As of 2010, all 23 of Potter's small format books remain in print, and are available as complete sets in presentation boxes, and as a 400-page omnibus edition. The English language editions of the tales still bore the Frederick Warne imprint in 2010 though the company was bought by Penguin Books in 1983. Penguin remade the printing plates in 1985, and all 23 volumes were released in 1987 as The Original and Authorized Edition.

Although sold to Penguin Books in 1984 as a subsidiary company, Frederick Warne continues to publish Potter's books. A 2002 Publishers Weekly article, written for the centennial of the publication of The Tale of Peter Rabbit, reported that Potter was considered one of the top most popular classic writers, that anniversary editions of her work were published in 1993 and 2002, and the artwork has been "re-scanned to make the illustrations look fresher and brighter".
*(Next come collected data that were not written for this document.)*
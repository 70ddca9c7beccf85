-- ===== src/Firmware/Interface.antt =====
-- radio.c, receiver.c and generator.c of firmware/main/ keep to what control.c relies on.
use esp_now_harness.Common.{ℕ, zero, suc, ◌+◌, u32, refl, inl, true, false, not, List, none, some}
use esp_now_harness.Runtime.{EspErr, System, Platform}
use esp_now_harness.Runtime.Frame.{
  Within, Frame, CallsWithin, Within-pure, Within-bind, Within-if, Within-get_node, at_if,
}
use esp_now_harness.Radio.Configure.{Driver}
use esp_now_harness.Radio.Within.{radio_wait_idle-Within}
use esp_now_harness.Radio.Reconfigure.{DriverWithin, radio_configure-Within}
use esp_now_harness.Generator.{generator_start, is_sender}
use esp_now_harness.Generator.Stop.{expired, stopped_before, generator_wait_stopped}
use esp_now_harness.Receiver.{Event}
use esp_now_harness.Receiver.Queue.{Mailbox, receiver_flush}
use esp_now_harness.Control.Calm.{Calm, IsCalm, Started, CalmServices, Calm-refl, Calm-trans}
use esp_now_harness.Firmware.{services}

module _ {W : Type 0} {R : System W → System W → Type 0} (fr : Frame R) (p : Platform W)
    (cw : CallsWithin R p) where
  pub stopped_before-Within : (fuel deadline : ℕ) → Within R (stopped_before p fuel deadline)
  unfolding stopped_before
  stopped_before-Within zero deadline = Within-pure fr none
  stopped_before-Within (suc fuel) deadline = Within-bind fr _ _ (Within-get_node fr) λ n.
      Within-if fr n.handle _ _
        (Within-bind fr _ _ cw.tick_within λ now.
          Within-if fr (expired now deadline) _ _ (Within-pure fr (some false)) (
            Within-bind fr _ _ (cw.delay_within (p.ms_to_ticks 1))
              λ _. stopped_before-Within fuel deadline))
        (Within-pure fr (some true))

  pub generator_wait_stopped-Within : (fuel ms : ℕ) → Within R (generator_wait_stopped p fuel ms)
  unfolding generator_wait_stopped
  generator_wait_stopped-Within fuel ms =
      Within-bind fr _ _ cw.tick_within
        λ now. stopped_before-Within fuel (u32 (now + p.ms_to_ticks ms))

  pub receiver_flush-Within :
      (mb : Mailbox W)
      → ((e : Event) (ms : ℕ) → Within R (mb.queue_send e ms))
      → (ms : ℕ) → Within R (receiver_flush p mb ms)
  unfolding receiver_flush
  receiver_flush-Within mb send ms = Within-bind fr _ _ (Within-get_node fr) λ n.
      Within-if fr (not n.queue) _ _ (Within-pure fr false) (
        Within-bind fr _ _ (send _ ms)
          λ posted. Within-if fr posted _ _ (cw.notify_within ms) (Within-pure fr false))

-- The globals that the dispatcher reads move as `Calm` says.
abbrev pub Calmly : {W : Type 0} → System W → System W → Type 0
Calmly s t = Calm s.node t.node

abbrev pub calm_frame : {W : Type 0} → Frame {W = W} Calmly
calm_frame = record {
  same = λ s. Calm-refl s.node;
  then_ = λ a b c h k. Calm-trans a.node b.node c.node h k;
  metrics_free =
      λ f s. record { config_kept = refl; stays_stopped = λ h. h; state_moves = inl refl };
}

-- The calls of the system and of the driver, in which the other tasks run.
pub record CalmWorld {W : Type 0} (p : Platform W) (d : Driver W) (mb : Mailbox W) : Type 0 where
  pub calls : CallsWithin Calmly p
  pub driver_calls : DriverWithin Calmly d
  pub queue_send_within : (e : Event) (ms : ℕ) → Within Calmly (mb.queue_send e ms)
  pub create_started : (s : System W) → Started s.node (p.create_generator s).1.node

module _ {W : Type 0} (p : Platform W) (d : Driver W) (mb : Mailbox W) (rest : ℕ → List ℕ)
    (calm : CalmWorld p d mb) where
  generator_start-Started : (s : System W) → Started s.node (generator_start p rest s).1.node
  unfolding generator_start
  generator_start-Started s =
      let n = s.node in
      let P : EspErr × System W → Type 0 = λ r. Started n r.1.node in
      let same : Started n n = record { config_kept = refl; state_moves = inl refl } in
      at_if P n.handle _ _ s (λ _. same)
        (λ _.
          at_if P (not (is_sender p rest n.config.role)) _ _ s (λ _. same)
            (λ _. calm.create_started s))

  -- The implementations in radio.c, receiver.c and generator.c satisfy the interface on which the state
  -- machine of control.c rests, whatever fuel they have: they change the configuration, the state and
  -- the generator's handle only as the other tasks do, which run in the calls of the system and of
  -- the driver.
  pub services-CalmServices : (peers waits : ℕ) → CalmServices (services p d mb rest peers waits)
  unfolding IsCalm
  services-CalmServices peers waits = record {
    timer_get_time_calm = calm.calls.time_within.at;
    radio_configure_calm =
        (radio_configure-Within calm_frame p calm.calls d calm.driver_calls
          (λ n. record {
            at = λ s. record { config_kept = refl; stays_stopped = λ h. h; state_moves = inl refl };
          })
          peers).at;
    radio_wait_idle_calm = λ ms. (radio_wait_idle-Within calm_frame p calm.calls ms).at;
    receiver_flush_calm =
        λ ms. (receiver_flush-Within calm_frame p calm.calls mb calm.queue_send_within ms).at;
    generator_wait_stopped_calm =
        λ ms. (generator_wait_stopped-Within calm_frame p calm.calls waits ms).at;
    generator_start_started = generator_start-Started;
  }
The Tale of Mr. Jeremy Fisher was published in French in 1940 as Jérémie Pêche-à-la-Ligne, and in Dutch as Jeremais de Hengelaar in 1946. The tale was republished in Dutch in 1970 as Het Verhaal van Jeremais Hengelaar and was published in the Initial Teaching Alphabet in 1965. In 1984, the tale was again translated into French by M.A. James as L’histoire de Monsieur Jérémie Peche-a-la-Ligne. In 1986 MacDonald wrote that Potter's books had become a "traditional part of childhood in most only English-speaking countries and in many of the countries into whose languages Potter's books have been translated".